The present invention relates to compositions comprising blends of resins. More particularly it relates to compositions comprising blends of aromatic polycarbonate resins, graft derivatives of ethylene-propylene-diene terpolymers, and an amount of a multiphase composite interpolymer comprising a crosslinked acrylic first stage which also contains graftlinking monomer and a final rigid thermoplastic phase which is effective to improve the resistance to environmental stress crazing and cracking of said blends.
The polycarbonates are well known commercially available materials which, due to their many advantageous properties, find use as thermoplastic engineering materials. The polycarbonates exhibit, for example, excellent properties of toughness and heat resistance.
However, the polycarbonates are generally susceptible to environmental stress crazing and cracking. Environmental stress crazing and cracking refer to the type of failure which is hastened by the presence of organic solvents such as, for example, gasoline, acetone, heptane and carbon tetrachloride when such solvents are in contact with stressed parts fabricated from aromatic polycarbonate resins. The most significant effect is a loss in impact strength and an increase in brittle type failure.
Polycarbonate resins have been blended with other thermoplastic materials such as high molecular weight polymeric glycol esters of terephthalic and/or isophthalic acid and acrylonitrile-butadiene-styrene resins (ABS resins). Mixtures of polycarbonates with ABS graft copolymers are disclosed to have improved impact properties in U.S. Pat. No. 4,172,103. However, it is disclosed in U.S. Pat.
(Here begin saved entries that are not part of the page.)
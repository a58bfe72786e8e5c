-- ===== src/Cstr/Buffers.antt =====
-- Reversing a string, and what the copies into a buffer leave there.
use waifu_os.Prelude.{
  ℕ, zero, suc, ◌+◌, ◌-◌, max, ◌≡◌, refl, ap, fun_ext, inl, inr, false, ◌&&◌, ◌||◌, none, some, [],
  ◌∷◌, ◌++◌, arith, ltb, leb, ◌==◌, if◌then◌else◌, ==_iff, Bool-cases, length,
}
use mathlib.Core.List.{append_assoc}
use waifu_os.Cstr.{
  CString, Buffer, write, char_at, reverse_loop, reverse, substring, substring_loop, wstrncpy,
  wstrncpy_loop,
}

pub reverse_loop-append : (str acc : CString) → reverse_loop str acc ≡ reverse_loop str [] ++ acc
unfolding reverse_loop
reverse_loop-append [] acc = refl
reverse_loop-append (c ∷ str) acc =
    rw (reverse_loop-append str (c ∷ acc), reverse_loop-append str (c ∷ []), append_assoc) refl

pub reverse_loop-snoc :
    (str acc : CString) (c : ℕ) → reverse_loop (str ++ c ∷ []) acc ≡ c ∷ reverse_loop str acc
unfolding reverse_loop
reverse_loop-snoc [] acc c = refl
reverse_loop-snoc (d ∷ str) acc c = reverse_loop-snoc str (d ∷ acc) c

pub length-reverse_loop :
    (str acc : CString) → length (reverse_loop str acc) ≡ length str + length acc
unfolding reverse_loop
length-reverse_loop [] acc = omega arith
length-reverse_loop (c ∷ str) acc = omega (arith, length-reverse_loop str (c ∷ acc))

reverse_twice : (str acc : CString) → reverse_loop (reverse_loop str acc) [] ≡ reverse_loop acc str
unfolding reverse_loop
reverse_twice [] acc = refl
reverse_twice (c ∷ str) acc = reverse_twice str (c ∷ acc)

-- `Reverse` twice gives the string back, also where it is too long to be reversed.
pub reverse-reverse : (str : CString) → reverse (reverse str) ≡ str
unfolding reverse reverse_loop
reverse-reverse str = elim (Bool-cases (ltb 255 (length str))) [
  | inl long ↦ rw (long, long) refl
  | inr short ↦
      let same : length (reverse_loop str []) ≡ length str =
        omega (arith, length-reverse_loop str []) in
      rw (short, same, short, reverse_twice str []) refl
]

-- What the loop of `substring` writes: the characters keep their places.
substring_loop-buffer :
    (str : CString) (rounds x : ℕ) (buffer : Buffer) (j : ℕ)
    → substring_loop str rounds x buffer j
      ≡ (if leb x j && ltb j (x + rounds) then char_at str j else buffer j)
unfolding substring_loop
substring_loop-buffer str zero x buffer j =
    let out : (leb x j && ltb j (x + 0)) ≡ false = ground arith in rw out refl
substring_loop-buffer str (suc rounds) x buffer j =
    rw (substring_loop-buffer str rounds (x + 1) (write buffer x (char_at str x)) j)
      (elim (Bool-cases (j == x)) [
        | inl same ↦ let e : j ≡ x = (==_iff j x).0 same in rw e (ground arith)
        | inr other ↦ ground arith
      ])

-- The buffer that `substring` returns.
abbrev placed : Buffer → CString → ℕ → ℕ → Buffer
placed fresh str first last j =
    if j == (last - first) then 0 else if leb first j && ltb j last then char_at str j else fresh j

-- `substring` is null for an empty range and for one that ends behind the string. Otherwise
-- the characters of the range stand at their places in the string, not from the start of the
-- buffer, a zero stands at the length of the range, and every other place is as it was.
pub substring_lem :
    (fresh : Buffer) (str : CString) (first last : ℕ)
    → substring fresh str first last ≡ (
        if leb last first || ltb (length str) last
        then none
        else some (placed fresh str first last))
unfolding substring
substring_lem fresh str first last = elim (Bool-cases (leb last first)) [
  | inl nothing ↦ rw nothing refl
  | inr range ↦ elim (Bool-cases (ltb (length str) last)) [
    | inl outside ↦ rw (range, outside) refl
    | inr inside ↦
        rw (range, inside)
          (ap (λ (b : Buffer). some b)
            (fun_ext
              (λ j. rw (substring_loop-buffer str (last - first) first fresh j) (ground arith))))
  ]
]

-- What the loop of `wstrncpy` leaves at each place, for a copy that has come to `index`.
wstrncpy_loop-buffer :
    (src : CString) (dest : Buffer) (max index j : ℕ)
    → wstrncpy_loop dest src max index j ≡ (
        if leb index j && (ltb j max && leb j (index + length src))
        then char_at src (j - index)
        else dest j)
unfolding wstrncpy_loop
wstrncpy_loop-buffer [] dest max index j = ground arith
wstrncpy_loop-buffer (c ∷ src) dest max index j = elim (Bool-cases (ltb index max)) [
  | inr full ↦ rw full (ground arith)
  | inl room ↦
      rw (room, wstrncpy_loop-buffer src (write dest index c) max (index + 1) j)
        (elim (Bool-cases (ltb index j)) [
          | inl later ↦
              let next : j - index ≡ suc (j - (index + 1)) = ground arith in rw next (ground arith)
          | inr before ↦ elim (Bool-cases (j == index)) [
            | inl same ↦
                let e : j ≡ index = (==_iff j index).0 same in
                let none_left : index - index ≡ 0 = omega arith in rw (e, none_left) (ground arith)
            | inr other ↦ ground arith
          ]
        ])
]

-- `wstrncpy(dest, src, max)` writes the characters of the string and the zero behind them, as far
-- as they fit in `max` places, and leaves every other place alone.
pub wstrncpy_lem :
    (dest : Buffer) (src : CString) (max j : ℕ)
    → wstrncpy dest src max j ≡ (if ltb j max && leb j (length src) then char_at src j else dest j)
unfolding wstrncpy
wstrncpy_lem dest src max j = rw (wstrncpy_loop-buffer src dest max 0 j) (ground arith)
Nos. 3,130,177 and 3,825,292 that the impact resistance of polycarbonate resins tends to be lowered when they are blended with ABS resins.
Thus, the blending art, particularly when dealing with polycarbonates, is a generally complex and somewhat unpredictable area where the empirical approach is still generally the rule rather than the exception. Thus, in order to provide useful binary blends of a polycarbonate resin with another resin, the two resins must be compatible to a certain degree, combinable over certain useful concentrations, and the blends should exhibit a combination of the various advantageous properties of the resins rather than the individual properties of the neat resins. The formulation of blends containing three or more different resins is fraught with a much higher degree of complexity and unpredictability.
Grafted derivatives of ethylene-propylenediene terpolymers and compositions of such polymers with other resins are known in the art and are described in the patent literature. It has been disclosed, for example, that olefinic copolymers and terpolymers can be grafted with styrene, acrylo-nitrile-styrene, methyl methacrylate, styrene-methyl methacrylate, and the like, to provide thermoplastics which can be further blended, e.g., with styrene-acrylonitrile, and molded, extruded, or vacuum formed into articles having good tensile and impact strengths.
Polymers of this type and methods for their preparation are described in U.S. Pat. Nos. 4,202,948 and 4,166,081, the former being incorporated by reference. Thermoplastic resin blends of polysulfone resins and graft derivatives of ethylene-propylene-diene terpolymers are disclosed in U.S. Pat. No. 3,641,207 to have good processability and impact resistance over relatively narrow concentration ranges.
Aromatic polycarbonate resins and grafted derivatives of ethylene-propylene-diene terpolymers are combinable with each other over a wide range of concentrations and provide compositions which exhibit advantageous properties after molding. Such properties are obtainable over a wide range of compositions. Especially noteworthy properties are high gloss on the surface of articles molded from these compositions and improved resistance to environmental stress crazing and cracking as compared with aromatic polycarbonate resins.
While these blends of polycarbonate resin and graft derivatives of ethylene-propylene diene terpolymers are useful in a wide variety of applications there exist certain situations which require better resistance to environmental stress crazing and cracking than possessed by these blends. It is, therefore, an object of the instant invention to provide compositions containing blends of polycarbonate/grafted derivative of ethylene-propylene-diene terpolymer which possess improved resistance to environmental stress crazing and cracking.